Because the truth is: it’s often the leaders who already know what they’re doing who need curiosity the most.

When Curiosity Fades

Curiosity doesn’t disappear overnight. It fades quietly, often replaced by confidence, pace, and pressure.

You start thinking:

  • “We’ve handled this before.”

  • “We know what works.”

  • “Let’s not overcomplicate things.”

But the challenge is: the context isn’t the same. The people may be different. The pressures are evolving. What used to work may no longer fit.

And if you’re not paying attention to those shifts — if you're not asking questions — you risk missing what’s actually changed.

That’s where curiosity fits in. It’s not indulgent. It’s essential.

Curiosity in Real Leadership

Whether you’re leading a function, managing a team, or influencing change, curiosity supports three things every leader needs: adaptability, innovation, and resilience.

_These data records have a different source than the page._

-- ===== src/Ir/Receiver/Invariant.antt =====
-- What holds of a receiver between two events.
use picolibs.Base.{
  ℕ, ◌+◌, ◌≤◌, ◌<◌, ◌≡◌, ◌≢◌, ◌⊎◌, inl, inr, Bool, true, false, none, some, List, [], ◌∷◌, length,
  length-set, arith, u32, sub64, if◌then◌else◌, Bool-cases,
}
use picolibs.Ir.Protocol.{Protocol}
use picolibs.Ir.Receiver.{
  Receiver, Grant, Event, edge, msg_alarm, bit_alarm, start_timer, store_pulse, reset,
  message_error, timeout, timeout_msg, timeout_bit, start_timeout, start_message_timeout,
  check_sync, message_complete, collect, store_timestamp, step, run,
}

-- The pulses that each state of the synchronisation has collected.
abbrev pub Phase : Protocol → ℕ → ℕ → Type 0
Phase p sync n =
    ((sync ≡ 0) × (n ≡ 0)) ⊎ ((sync ≡ 1) × (n ≡ 1)) ⊎ ((sync ≡ 2) × (2 ≤ n) × (n < p.message_len))

pub record IsSane (p : Protocol) (r : Receiver) : Type 0 where
  pub sound : r.fault ≡ false
  pub room : length r.pulses ≡ p.message_len
  pub capacity : r.mx_pulse ≡ p.message_len
  pub phase : Phase p r.sync r.n_pulse
  pub idle_timer : r.sync ≡ 0 → r.bit_timer ≡ none

module _ (p : Protocol) where
  store_pulse-Sane :
      (delta : ℕ) (r : Receiver)
      → r.fault ≡ false
      → r.n_pulse < length r.pulses
      → length r.pulses ≡ p.message_len
      → ((store_pulse delta r).fault ≡ false)
        × ((store_pulse delta r).n_pulse ≡ r.n_pulse + 1)
        × (length (store_pulse delta r).pulses ≡ p.message_len)
  unfolding store_pulse
  store_pulse-Sane delta r sound inside room = (
    ground arith,
    ground (arith, p.message_small),
    ground (arith, length-set r.pulses r.n_pulse delta),
  )

  reset-IsSane :
      (r : Receiver)
      → r.fault ≡ false
      → length r.pulses ≡ p.message_len
      → r.mx_pulse ≡ p.message_len
      → IsSane p (reset r)
  unfolding reset
  reset-IsSane r sound room capacity = ground arith

  message_error-IsSane :
      (r : Receiver)
      → r.fault ≡ false
      → length r.pulses ≡ p.message_len
      → r.mx_pulse ≡ p.message_len
      → IsSane p (message_error r)
  unfolding message_error
  message_error-IsSane r sound room capacity = ground arith

  timeout-IsSane : (msg keep : Bool) (r : Receiver) → IsSane p r → IsSane p (timeout msg keep r).1
  unfolding timeout
  timeout-IsSane msg keep r h = ground arith

  timeout_msg-IsSane : (keep : Bool) (r : Receiver) → IsSane p r → IsSane p (timeout_msg keep r)
  unfolding timeout_msg
  timeout_msg-IsSane keep r h = ground (arith, timeout-IsSane true keep r h)

  timeout_bit-IsSane : (keep : Bool) (r : Receiver) → IsSane p r → IsSane p (timeout_bit keep r).1
  unfolding timeout_bit
  timeout_bit-IsSane keep r h = ground (arith, timeout-IsSane false keep r h)

  start_message_timeout-IsSane :
      (grant : Grant) (r : Receiver) → IsSane p r → IsSane p (start_message_timeout grant r)
  unfolding start_message_timeout
  start_message_timeout-IsSane grant r h = ground arith

  start_timeout-IsSane :
      (grant : Grant) (r : Receiver) → r.sync ≢ 0 → IsSane p r → IsSane p (start_timeout grant r)
  unfolding start_timeout
  start_timeout-IsSane grant r ne h = ground arith

  check_sync-IsSane :
      (ts : ℕ) (falling : Bool) (r : Receiver) → IsSane p r → IsSane p (check_sync p ts falling r).1
  unfolding check_sync
  check_sync-IsSane ts falling r h =
      let delta = u32 (sub64 ts r.prev_ts) in
      ground (
        arith,
        p.message_long,
        p.message_small,
        length-set r.pulses 0 delta,
        length-set r.pulses r.n_pulse delta,
      )

  check_sync-true :
      (ts : ℕ) (falling : Bool) (r : Receiver)
      → (check_sync p ts falling r).0 ≡ true
      → (r.sync ≡ 2) × ((check_sync p ts falling r).1 ≡ r)
  unfolding check_sync
  check_sync-true ts falling r e = ground arith

  message_complete-IsSane :
      (ts : ℕ) (r : Receiver)
      → r.fault ≡ false
      → length r.pulses ≡ p.message_len
      → r.mx_pulse ≡ p.message_len
      → r.n_pulse ≡ p.message_len
      → IsSane p (message_complete p ts r)
  unfolding message_complete
  message_complete-IsSane ts r sound room capacity full =
      let (d, decoded) = p.decode_total r.pulses room in
      let here : p.decode r.pulses r.n_pulse ≡ some d = rw full decoded in ground (arith, here)

  collect-IsSane : (ts : ℕ) (r : Receiver) → r.sync ≡ 2 → IsSane p r → IsSane p (collect p ts r)
  unfolding collect store_pulse
  collect-IsSane ts r synced h =
      let delta = u32 (sub64 ts r.prev_ts) in
      let (sound, count, room) = store_pulse-Sane delta r h.sound (ground arith) h.room in
      ground (
        arith,
        sound,
        count,
        room,
        message_complete-IsSane ts (store_pulse delta r) sound room h.capacity,
      )

  -- The state after the pulse has been taken.
  abbrev taken : ℕ → Bool → Receiver → Receiver
  taken ts falling r =
      if (check_sync p ts falling r).0
      then collect p ts (check_sync p ts falling r).1
      else (check_sync p ts falling r).1

  taken-IsSane :
      (ts : ℕ) (falling : Bool) (r : Receiver) → IsSane p r → IsSane p (taken ts falling r)
  taken-IsSane ts falling r h = elim (Bool-cases (check_sync p ts falling r).0) [
    | inl e ↦
        let (synced, same) = check_sync-true ts falling r e in
        rw (e, same) (collect-IsSane ts r synced h)
    | inr e ↦ rw e (check_sync-IsSane ts falling r h)
  ]

  stamp-IsSane : (ts : ℕ) (r : Receiver) → IsSane p r → IsSane p (record r { prev_ts = ts })
  stamp-IsSane ts r h = ground arith

  store_timestamp-IsSane :
      (grant : Grant) (ts : ℕ) (falling : Bool) (r : Receiver)
      → IsSane p r
      → IsSane p (store_timestamp p grant ts falling r)
  unfolding store_timestamp
  store_timestamp-IsSane grant ts falling r h =
      let r3 = record (taken ts falling r) { prev_ts = ts } in
      let sane : IsSane p r3 = stamp-IsSane ts _ (taken-IsSane ts falling r h) in
      ground (arith, sane, start_timeout-IsSane grant r3)

pub step-IsSane :
    (p : Protocol) (grant : Grant) (e : Event) (r : Receiver)
    → IsSane p r
    → IsSane p (step p grant e r)
unfolding step
step-IsSane p grant (edge ts falling) r h = store_timestamp-IsSane p grant ts falling r h
step-IsSane p grant (msg_alarm keep) r h = timeout_msg-IsSane p keep r h
step-IsSane p grant (bit_alarm keep) r h = timeout_bit-IsSane p keep r h
step-IsSane p grant start_timer r h = start_message_timeout-IsSane p grant r h

-- A sane receiver stays sane whatever edges, alarms and timer starts reach it, in any order and
-- whatever the timeout callback and the SDK answer: it never accesses its pulse array out of bounds,
-- its pulse count fits its synchronisation state, and an idle receiver has no bit alarm.
pub run-IsSane :
    (p : Protocol) (grant : Grant) (es : List Event) (r : Receiver)
    → IsSane p r
    → IsSane p (run p grant es r)
unfolding run
run-IsSane p grant [] r h = h
run-IsSane p grant (e ∷ es) r h =
    run-IsSane p grant es (step p grant e r) (step-IsSane p grant e r h)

It doesn’t slow you down. It helps you respond smarter — before small issues become bigger ones.

You see this clearly in the corporate world. When Satya Nadella took over as CEO of Microsoft in 2014, the company had become bloated and slow. Nadella didn’t begin with new products or strategy. He began with culture. He asked: how do we move from being a “know-it-all” organisation to a “learn-it-all” one?

That mindset shift rebuilt Microsoft’s energy. Teams became more open. Decisions improved. The business regained its edge.

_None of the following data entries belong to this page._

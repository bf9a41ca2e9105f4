-- ===== src/Ir/Samsung.antt =====
-- The Samsung protocol: ir/samsung_transmitter.{h,cpp} and ir/samsung_receiver.{h,cpp}.
pub mod Transmitter
pub mod Receiver
pub mod RoundTrip
pub mod Bounds
pub mod Delivery
use picolibs.Base.{ℕ}

-- `SAMSUNG_BASE_PULSE`, in microseconds, and `SAMSUNG_MESSAGE_LEN`.
abbrev pub samsung_base_pulse : ℕ
samsung_base_pulse = 562

abbrev pub samsung_message_len : ℕ
samsung_message_len = 67
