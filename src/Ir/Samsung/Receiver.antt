-- ===== src/Ir/Samsung/Receiver.antt =====
-- `SAMSUNG_Receiver::decode` (ir/samsung_receiver.cpp).
use picolibs.Base.{
  ℕ, ◌+◌, ◌*◌, ◌/◌, Bool, false, not, ◌||◌, Option, some, List, bit_xor, ltb, ◌==◌, if◌then◌else◌,
  ◌>>=◌, sub32, get_elem?,
}
use picolibs.Ir.Pulse.{compare_pulse}
use picolibs.Ir.Message.{Decoded, rejected, responds}
use picolibs.Ir.Samsung.{samsung_base_pulse}
use picolibs.Ir.PulseDistance.{decode_byte}

-- `compare_pulse(pulse, SAMSUNG_BASE_PULSE * times, SAMSUNG_BASE_PULSE / 2)`
abbrev pub is_pulse : ℕ → ℕ → Bool
is_pulse times pulse = compare_pulse pulse (samsung_base_pulse * times) (samsung_base_pulse / 2)

-- The address bytes: two that differ make a 16-bit address.
abbrev pub join_addr : ℕ → ℕ → ℕ
join_addr d0 d1 = if not (d0 == d1) then d0 + d1 * 256 else d0

-- What follows the bit loops.
unfoldable pub check_data : ℕ → ℕ → ℕ → ℕ → ℕ → Decoded
check_data d0 d1 d2 d3 address =
    let addr = join_addr d0 d1 in
    record {
      accepted = if bit_xor d2 d3 == 0xff then responds addr address else false;
      addr = addr;
      func = d2;
    }

-- The loops over four bytes from index `ii`, and what follows them.
unfoldable pub decode_data : List ℕ → ℕ → ℕ → Option Decoded
decode_data pulses ii address = do
  b0 ← decode_byte samsung_base_pulse pulses ii
  b1 ← decode_byte samsung_base_pulse pulses b0.1
  b2 ← decode_byte samsung_base_pulse pulses b1.1
  b3 ← decode_byte samsung_base_pulse pulses b2.1
  some (check_data b0.0 b1.0 b2.0 b3.0 address)

-- From the second test on: `ii` is 1 behind a sync mark and 0 without one.
unfoldable pub decode_from : List ℕ → ℕ → ℕ → ℕ → Option Decoded
decode_from pulses n_pulse address ii = do
  pulse ← get_elem? pulses ii
  let ii' = (if is_pulse 8 pulse then ii + 1 else ii) + 1
  if not (ii' == 3) || ltb (sub32 n_pulse ii') 64 then rejected else decode_data pulses ii' address

unfoldable pub decode : List ℕ → ℕ → ℕ → Option Decoded
decode pulses n_pulse address = if ltb n_pulse 3 then rejected else (do
  first ← get_elem? pulses 0
  decode_from pulses n_pulse address (if is_pulse 8 first then 1 else 0))
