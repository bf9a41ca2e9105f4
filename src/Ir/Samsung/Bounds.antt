-- ===== src/Ir/Samsung/Bounds.antt =====
-- `SAMSUNG_Receiver::decode` reads nothing outside its array.
use picolibs.Base.{
  ℕ, ◌+◌, ◌≤◌, ◌<◌, ◌^◌, ◌≡◌, refl, some, List, arith, length, get_elem?, get_elem?-lt,
  if◌then◌else◌, Returns, Returns-if, Returns-bind, ltb, not, ◌||◌, ◌==◌, sub32,
}
use picolibs.Ir.Message.{Decoded}
use picolibs.Ir.Samsung.{samsung_base_pulse}
use picolibs.Ir.Samsung.Receiver.{decode, decode_from, decode_data, check_data, is_pulse}
use picolibs.Ir.PulseDistance.Decode.{decode_byte_total}

decode_data_total :
    (ps : List ℕ) (address : ℕ)
    → 67 ≤ length ps
    → (d : Decoded) × (decode_data ps 3 address ≡ some d)
unfolding decode_data
decode_data_total ps address h =
    let (b0, e0) = decode_byte_total samsung_base_pulse 3 ps (omega arith) in
    let (b1, e1) = decode_byte_total samsung_base_pulse 19 ps (omega arith) in
    let (b2, e2) = decode_byte_total samsung_base_pulse 35 ps (omega arith) in
    let (b3, e3) = decode_byte_total samsung_base_pulse 51 ps (omega arith) in
    (check_data b0 b1 b2 b3 address, rw (e0, e1, e2, e3))

decode_from_total :
    (ps : List ℕ) (n_pulse address ii : ℕ)
    → ii ≤ 1
    → 3 ≤ n_pulse
    → n_pulse ≤ length ps
    → n_pulse < 2 ^ 32
    → Returns (decode_from ps n_pulse address ii)
unfolding decode_from
decode_from_total ps n_pulse address ii small long h fits =
    Returns-bind (get_elem? ps ii) _ (get_elem?-lt ps ii (omega arith)) λ pulse _.
      let ii' = (if is_pulse 8 pulse then ii + 1 else ii) + 1 in
      Returns-if (not (ii' == 3) || ltb (sub32 n_pulse ii') 64) _ _ (λ _. (_, refl))
        λ enough.
          let three : ii' ≡ 3 = ground arith in
          rw three (decode_data_total ps address (ground arith))

-- `decode` reads no pulse outside an array of at least `n_pulse` ones: it always returns.
pub samsung_decode_total :
    (ps : List ℕ) (n_pulse address : ℕ)
    → n_pulse ≤ length ps
    → n_pulse < 2 ^ 32
    → (d : Decoded) × (decode ps n_pulse address ≡ some d)
unfolding decode
samsung_decode_total ps n_pulse address h fits =
    Returns-if (ltb n_pulse 3) _ _ (λ _. (_, refl))
      λ long. Returns-bind (get_elem? ps 0) _ (get_elem?-lt ps 0 (ground arith)) λ first _.
        decode_from_total ps n_pulse address (if is_pulse 8 first then 1 else 0) (ground arith)
          (ground arith) h fits
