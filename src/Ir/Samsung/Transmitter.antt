-- ===== src/Ir/Samsung/Transmitter.antt =====
-- `SAMSUNG_Transmitter::setMessageTimes` (ir/samsung_transmitter.cpp): the pulse times.
use picolibs.Base.{
  ℕ, ◌-◌, ◌*◌, ◌/◌, ◌%◌, ◌≡◌, List, [], ◌∷◌, ◌++◌, bit_and, bit_xor, arith, ltb, if◌then◌else◌,
  length, length-append,
}
use picolibs.Ir.Led.{Led, set_output_times}
use picolibs.Bits.{bit_and_byte, bit_xor_ff}
use picolibs.Ir.Samsung.{samsung_base_pulse, samsung_message_len}
use picolibs.Ir.PulseDistance.{encode_bytes, length-encode_bytes}

-- `data[0]` to `data[3]`: a small address is sent twice, the function with its complement.
unfoldable pub message_bytes : ℕ → ℕ → List ℕ
message_bytes addr func =
    bit_and addr 0xff
    ∷ (if ltb 255 addr then bit_and (addr / 256) 0xff else bit_and addr 0xff)
    ∷ bit_and func 0xff
    ∷ bit_xor (bit_and func 0xff) 0xff
    ∷ []

-- The array that `setMessageTimes` hands to `setOutputTimes`.
unfoldable pub message_times : ℕ → ℕ → List ℕ
message_times addr func =
    samsung_base_pulse * 8
    ∷ samsung_base_pulse * 8
    ∷ (encode_bytes samsung_base_pulse (message_bytes addr func) ++ samsung_base_pulse ∷ [])

-- The second address byte as a number.
abbrev pub second_byte : ℕ → ℕ
second_byte addr = if ltb 255 addr then addr / 256 % 256 else addr % 256

pub message_bytes_lem :
    (addr func : ℕ)
    → message_bytes addr func ≡ addr % 256 ∷ second_byte addr ∷ func % 256 ∷ (255 - func % 256) ∷ []
unfolding message_bytes
message_bytes_lem addr func = rw (
  bit_and_byte addr,
  bit_and_byte (addr / 256),
  bit_and_byte func,
  bit_xor_ff (func % 256) (omega arith),
)

pub length-message_times : (addr func : ℕ) → length (message_times addr func) ≡ samsung_message_len
unfolding message_times message_bytes
length-message_times addr func = omega (
  arith,
  length-append (encode_bytes samsung_base_pulse (message_bytes addr func))
      (samsung_base_pulse ∷ []),
  length-encode_bytes samsung_base_pulse (message_bytes addr func),
)

-- `setMessageTimes`: the times go to the base class.
unfoldable pub set_message_times : ℕ → ℕ → Led → Led
set_message_times addr func l =
    set_output_times (message_times addr func) (length (message_times addr func)) l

You see it in sport too. The All Blacks, arguably the most successful rugby team of all time, didn’t stay on top by doing more of the same. They drew on ideas from military leadership, psychology, and Māori culture. Their strength didn’t come from brute force. It came from the discipline of staying curious.

And I’ve seen it first-hand. I worked with a senior leader who’d built a strong, stable business over 20 years. But things had plateaued. The team was disengaged. New thinking wasn’t surfacing. Over time, he’d stopped asking questions and people had stopped offering answers. Once he re-engaged with curiosity, invited challenge, and opened up the conversation, everything shifted. The team lifted. Fresh ideas emerged. And his own job became easier.

Intentional Curiosity

Curiosity isn’t the opposite of decisiveness. It’s the companion of good judgement.

It’s not about hesitating or second-guessing. It’s about asking better questions before making better decisions.

Here are three that I often share with leaders looking to stay sharp:

  • What are we no longer seeing clearly — because it’s too familiar?

  • What question would you ask if you were an outsider seeing this for the first time?

  • If we weren’t already doing this, would we start now?

These aren’t theoretical. They’re practical. They invite challenge without creating chaos. They keep you from drifting into default decisions.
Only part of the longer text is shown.